# EXTRACTED MATERIAL
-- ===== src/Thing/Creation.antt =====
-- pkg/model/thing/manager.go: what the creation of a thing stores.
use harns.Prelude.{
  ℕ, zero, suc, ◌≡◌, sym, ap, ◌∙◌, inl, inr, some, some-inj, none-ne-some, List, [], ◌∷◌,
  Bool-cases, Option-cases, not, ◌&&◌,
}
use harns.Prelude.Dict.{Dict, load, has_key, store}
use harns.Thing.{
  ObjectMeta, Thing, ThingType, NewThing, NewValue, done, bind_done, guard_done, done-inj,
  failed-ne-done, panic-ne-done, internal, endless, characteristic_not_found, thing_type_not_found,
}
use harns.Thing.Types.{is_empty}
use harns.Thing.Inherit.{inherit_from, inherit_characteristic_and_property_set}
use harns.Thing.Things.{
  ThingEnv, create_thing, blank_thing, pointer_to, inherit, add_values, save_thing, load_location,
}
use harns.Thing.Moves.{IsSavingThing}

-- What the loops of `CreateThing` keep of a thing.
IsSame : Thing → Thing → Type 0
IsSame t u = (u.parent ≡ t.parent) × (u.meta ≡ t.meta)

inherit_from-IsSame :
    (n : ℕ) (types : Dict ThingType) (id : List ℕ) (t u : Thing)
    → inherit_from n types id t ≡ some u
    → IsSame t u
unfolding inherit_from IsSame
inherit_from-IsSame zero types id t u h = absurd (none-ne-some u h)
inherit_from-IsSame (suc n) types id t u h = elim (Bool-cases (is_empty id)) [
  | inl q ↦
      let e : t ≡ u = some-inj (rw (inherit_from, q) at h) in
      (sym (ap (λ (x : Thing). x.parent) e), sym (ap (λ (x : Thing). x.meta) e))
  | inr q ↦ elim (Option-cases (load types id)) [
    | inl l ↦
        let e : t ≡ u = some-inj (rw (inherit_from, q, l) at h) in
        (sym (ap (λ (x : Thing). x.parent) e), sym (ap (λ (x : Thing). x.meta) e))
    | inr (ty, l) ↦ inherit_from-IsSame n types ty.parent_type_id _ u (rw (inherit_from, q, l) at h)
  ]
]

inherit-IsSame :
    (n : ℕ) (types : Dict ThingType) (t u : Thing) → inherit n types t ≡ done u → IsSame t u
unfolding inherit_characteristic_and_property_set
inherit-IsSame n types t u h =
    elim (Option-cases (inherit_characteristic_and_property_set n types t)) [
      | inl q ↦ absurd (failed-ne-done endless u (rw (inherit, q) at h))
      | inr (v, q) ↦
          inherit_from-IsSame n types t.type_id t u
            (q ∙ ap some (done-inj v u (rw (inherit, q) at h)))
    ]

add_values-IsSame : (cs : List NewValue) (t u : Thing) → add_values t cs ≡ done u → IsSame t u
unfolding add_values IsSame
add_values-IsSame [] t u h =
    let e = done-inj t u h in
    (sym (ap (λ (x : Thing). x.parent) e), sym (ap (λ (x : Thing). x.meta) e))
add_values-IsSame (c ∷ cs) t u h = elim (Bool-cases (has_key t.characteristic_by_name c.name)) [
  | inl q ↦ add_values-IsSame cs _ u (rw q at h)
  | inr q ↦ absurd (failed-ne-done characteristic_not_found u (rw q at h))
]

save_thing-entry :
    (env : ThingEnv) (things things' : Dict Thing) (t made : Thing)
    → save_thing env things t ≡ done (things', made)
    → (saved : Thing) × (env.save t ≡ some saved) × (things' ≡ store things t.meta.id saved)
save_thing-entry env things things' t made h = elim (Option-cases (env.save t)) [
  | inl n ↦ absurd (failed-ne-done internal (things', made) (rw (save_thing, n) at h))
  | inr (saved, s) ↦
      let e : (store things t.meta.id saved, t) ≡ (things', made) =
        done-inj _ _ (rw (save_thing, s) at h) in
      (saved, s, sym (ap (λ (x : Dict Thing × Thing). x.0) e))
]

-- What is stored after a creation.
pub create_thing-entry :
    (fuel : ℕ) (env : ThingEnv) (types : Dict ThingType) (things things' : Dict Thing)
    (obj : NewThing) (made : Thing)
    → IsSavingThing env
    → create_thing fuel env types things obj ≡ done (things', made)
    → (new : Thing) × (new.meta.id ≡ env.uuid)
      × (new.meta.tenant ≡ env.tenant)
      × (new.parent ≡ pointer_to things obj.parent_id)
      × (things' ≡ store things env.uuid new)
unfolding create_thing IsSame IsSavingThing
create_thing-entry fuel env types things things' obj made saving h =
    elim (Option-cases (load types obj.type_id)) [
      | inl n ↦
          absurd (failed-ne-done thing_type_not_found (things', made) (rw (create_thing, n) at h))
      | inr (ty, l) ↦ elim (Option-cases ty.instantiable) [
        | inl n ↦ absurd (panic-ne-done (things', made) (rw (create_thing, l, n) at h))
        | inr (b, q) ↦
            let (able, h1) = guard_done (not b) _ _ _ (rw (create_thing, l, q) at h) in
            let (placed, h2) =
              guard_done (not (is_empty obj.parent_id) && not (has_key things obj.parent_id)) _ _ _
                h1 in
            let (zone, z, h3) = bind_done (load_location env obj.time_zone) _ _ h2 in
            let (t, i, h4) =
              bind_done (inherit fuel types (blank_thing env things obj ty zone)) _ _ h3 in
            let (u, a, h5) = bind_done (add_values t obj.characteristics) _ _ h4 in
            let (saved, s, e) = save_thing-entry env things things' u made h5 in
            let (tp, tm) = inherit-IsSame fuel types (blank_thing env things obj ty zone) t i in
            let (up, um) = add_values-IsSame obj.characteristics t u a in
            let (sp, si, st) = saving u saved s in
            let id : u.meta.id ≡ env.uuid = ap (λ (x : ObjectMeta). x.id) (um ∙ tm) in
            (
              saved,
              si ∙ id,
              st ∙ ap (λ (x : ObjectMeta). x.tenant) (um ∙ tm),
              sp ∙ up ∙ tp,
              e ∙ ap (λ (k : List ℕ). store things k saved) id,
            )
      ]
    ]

# TO DO
Look above for the line that contains "elim (Option-cases ty.instantiable)". That line and every line after it through the end of the data must be written out exactly, with nothing else.

# YOUR SOLUTION
      | inr (ty, l) ↦ elim (Option-cases ty.instantiable) [
        | inl n ↦ absurd (panic-ne-done (things', made) (rw (create_thing, l, n) at h))
        | inr (b, q) ↦
            let (able, h1) = guard_done (not b) _ _ _ (rw (create_thing, l, q) at h) in
            let (placed, h2) =
              guard_done (not (is_empty obj.parent_id) && not (has_key things obj.parent_id)) _ _ _
                h1 in
            let (zone, z, h3) = bind_done (load_location env obj.time_zone) _ _ h2 in
            let (t, i, h4) =
              bind_done (inherit fuel types (blank_thing env things obj ty zone)) _ _ h3 in
            let (u, a, h5) = bind_done (add_values t obj.characteristics) _ _ h4 in
            let (saved, s, e) = save_thing-entry env things things' u made h5 in
            let (tp, tm) = inherit-IsSame fuel types (blank_thing env things obj ty zone) t i in
            let (up, um) = add_values-IsSame obj.characteristics t u a in
            let (sp, si, st) = saving u saved s in
            let id : u.meta.id ≡ env.uuid = ap (λ (x : ObjectMeta). x.id) (um ∙ tm) in
            (
              saved,
              si ∙ id,
              st ∙ ap (λ (x : ObjectMeta). x.tenant) (um ∙ tm),
              sp ∙ up ∙ tp,
              e ∙ ap (λ (k : List ℕ). store things k saved) id,
            )
      ]
    ]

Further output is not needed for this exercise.